CHARTER OF THE NOMINATING & CORPORATE GOVERNANCE COMMITTEE
OF THE BOARD OF DIRECTORS
(adopted as of April 19, 2011)
This Charter governs the operations of the Nominating and Corporate Governance Committee (the “Committee”) of the Board of Directors (the “Board”) of Central Virginia Bankshares Inc. and Central Virginia Bank together (the “Bank”.) As part of the Bank’s governance and oversight process, the Committee has been appointed by the Board of Directors to: (1) assist with the development and implementation of the Bank’s corporate governance principles (2) determine the composition of the Board (3) determine the composition of Board Committees (4) ensure that Board criteria, responsibilities, and performance standards are met and (5) monitor the process to assess the Board’s effectiveness.
The Committee shall be comprised of at least three directors. All members of the Committee shall meet the independence requirements of the Committee, and satisfy any other criteria imposed on members of the Committee pursuant to federal securities laws and the rules and regulations of the Securities and Exchange Commission and NASDAQ.
The qualifications of individuals to serve on the Committee shall be determined by the full Board, and all members shall be elected annually by the Board. The Committee may form and delegate authority to subcommittees when appropriate. The Committee shall be subject to the provisions of the Company’s By-laws relating to Board Committees, including provisions relating to removing Committee members and filling vacancies.
In discharging its appointment for the Board, the Committee may draw on the experience of management and Bank staff and when appropriate, may hire outside legal, accounting, or other experts or advisors to assist the Committee with its responsibilities. The responsibilities of the Committee are:
- Reviews and recommends on a periodic basis corporate governance guidelines to the Board for adoption when necessary.
- Provides oversight of corporate governance matters.
- Develops criteria for Board members, including the development of the process for identifying and evaluating nominees for Director.
- Reviews the Bank’s Management Succession Plan and makes recommendations to the Board regarding the plan.
- Recommends to the full Board the names of individuals to fill vacancies on the Board when needed.
- Oversees recruitment and orientation of new Directors as well as the CEO.
- Conducts a periodic assessment of the size and composition of the Board and, from time to time, makes recommendations to the Board for changes in the size of the Board as appropriate.

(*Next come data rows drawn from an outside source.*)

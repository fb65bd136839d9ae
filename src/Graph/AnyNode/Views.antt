-- ===== src/Graph/AnyNode/Views.antt =====
-- ayatori/src/graph_representation/specific_nodes.rs: a node as the rules read it. Where an argument of a
-- node is outside the type of it, which Rust's types leave no room for, there is an error here.
use ayatori.Prelude.{String, List, [], ◌∷◌}
use ayatori.Collections.BTreeMap.{BTreeMap}
use ayatori.Entities.Tags.{FullName, ScalarTag, MappingTag, AnyTag, scalar, mapping}
use ayatori.Entities.Errors.{Result, ok, err, ◌>>=◌, RuntimeError, wrong_type}
use ayatori.Entities.Params.{SessionParameters}
use ayatori.Entities.Function.{ScalarFunction, MappingFunction}
use ayatori.Entities.Function.Simple.{scalar_from_simple, mapping_from_simple}
use ayatori.Graph.AnyNode.{
  AnyNode, serialize_and_sign_bc, serialize_and_sign_dm, send_dm, receive, ComputeScalarKind,
  ComputeMappingKind, with_reveal, NamedNodes, no_args, arg, Nodes, no_nodes, next, store_in,
}
use ayatori.Graph.Nodes

unfoldable pub scalar_part : AnyTag → Result RuntimeError ScalarTag
scalar_part (scalar tag) = ok tag
scalar_part (mapping tag) = err wrong_type

unfoldable pub mapping_part : AnyTag → Result RuntimeError MappingTag
mapping_part (scalar tag) = err wrong_type
mapping_part (mapping tag) = ok tag

module _ {P : SessionParameters} where
  unfoldable pub scalar_tag : AnyNode P → Result RuntimeError ScalarTag
  scalar_tag node = scalar_part (store_in node)

  unfoldable pub mapping_tag : AnyNode P → Result RuntimeError MappingTag
  mapping_tag node = mapping_part (store_in node)

  unfoldable pub scalar_args : NamedNodes P → Result RuntimeError (BTreeMap String ScalarTag)
  scalar_args no_args = ok []
  scalar_args (arg name node args) =
      scalar_tag node >>= λ tag. scalar_args args >>= λ tags. ok ((name, tag) ∷ tags)

  unfoldable pub any_args : NamedNodes P → BTreeMap String AnyTag
  any_args no_args = []
  any_args (arg name node args) = (name, store_in node) ∷ any_args args

  unfoldable pub dependency_tags : Nodes P → Result RuntimeError (List ScalarTag)
  dependency_tags no_nodes = ok []
  dependency_tags (next node nodes) =
      scalar_tag node >>= λ tag. dependency_tags nodes >>= λ tags. ok (tag ∷ tags)

  -- `to_non_simple` of the kinds.
  unfoldable pub scalar_function : ComputeScalarKind P → ScalarFunction P
  scalar_function (ComputeScalarKind.simple function) = scalar_from_simple function
  scalar_function (ComputeScalarKind.third_party_attributable function verification) =
      ScalarFunction.third_party_attributable function

  unfoldable pub mapping_function : ComputeMappingKind P → MappingFunction P
  mapping_function (ComputeMappingKind.simple function) = mapping_from_simple function
  mapping_function (with_reveal function verification args) =
      MappingFunction.sender_attributable_with_reveal function
  mapping_function (ComputeMappingKind.third_party_attributable function verification) =
      MappingFunction.third_party_attributable function

  unfoldable pub mapping_kind : ComputeMappingKind P → Nodes.ComputeMappingKind
  mapping_kind (ComputeMappingKind.simple function) = Nodes.ComputeMappingKind.simple
  mapping_kind (with_reveal function verification args) =
      Nodes.ComputeMappingKind.with_reveal (any_args args)
  mapping_kind (ComputeMappingKind.third_party_attributable function verification) =
      Nodes.ComputeMappingKind.third_party_attributable

  -- The tags of nodes of a single type.
  unfoldable pub signed_bc_tag : AnyNode P → Result RuntimeError FullName
  signed_bc_tag (serialize_and_sign_bc i tag function signs adapter name) = ok tag
  signed_bc_tag _ = err wrong_type

  unfoldable pub signed_dm_tag : AnyNode P → Result RuntimeError FullName
  signed_dm_tag (serialize_and_sign_dm i tag function signs adapter name) = ok tag
  signed_dm_tag _ = err wrong_type

  unfoldable pub sent_dm_tag : AnyNode P → Result RuntimeError FullName
  sent_dm_tag (send_dm i tag sends nodes) = ok tag
  sent_dm_tag _ = err wrong_type

  unfoldable pub receive_tag : AnyNode P → Result RuntimeError FullName
  receive_tag (receive i tag message_name) = ok tag
  receive_tag _ = err wrong_type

- Reviews the structure of the Board and Board Committees and recommends to the Board for approval Directors to serve as members of each Committee. The Committee shall review and recommend committee slates annually and shall recommend additional committee members to fill vacancies as needed.
- Conducts the annual performance evaluation of the CEO, developed by the Compensation Committee, and oversee any actions necessary resulting from the evaluation.
- Develops and recommends to the Board for approval a periodic self-evaluation as well as a peer evaluation of the Board and its Committees. The Governance Committee shall oversee the self-evaluations and peer evaluations.
- Recommends to the Board a Code of Conduct and Ethics Policy applicable to employees, officers and directors of the Bank and the process for consideration and disclosure of any requested waivers of such codes for directors and executive officers of the Bank.
- Oversees the development and delivery of Director continuing education programs.
- Reviews and approves any transaction (including but not limited to loans and commitments, stock ownership, stock sales or purchases, and related party transactions) between the Bank and any officer, director or affiliate of the Bank as required under SEC rules and regulations and as disclosed in the Bank’s annual proxy statement.
- Undertakes all further actions and discharges all further responsibilities imposed upon the Committee by the Board, the federal securities law, or the rules and regulations of the SEC or NASDAQ.
- Reviews and reassesses periodically the adequacy of the Charter and recommends any proposed changes to the Board for approval. The Committee shall also evaluate its own performance.
The Committee will meet at least annually, in conjunction with regular meetings of the Board of Directors, or on a more frequent basis as necessary to perform its responsibilities. Upon the request of the Board, the Committee shall submit the minutes of all Committee meetings to the Board and/or discuss the matters of each Committee meeting with the Board.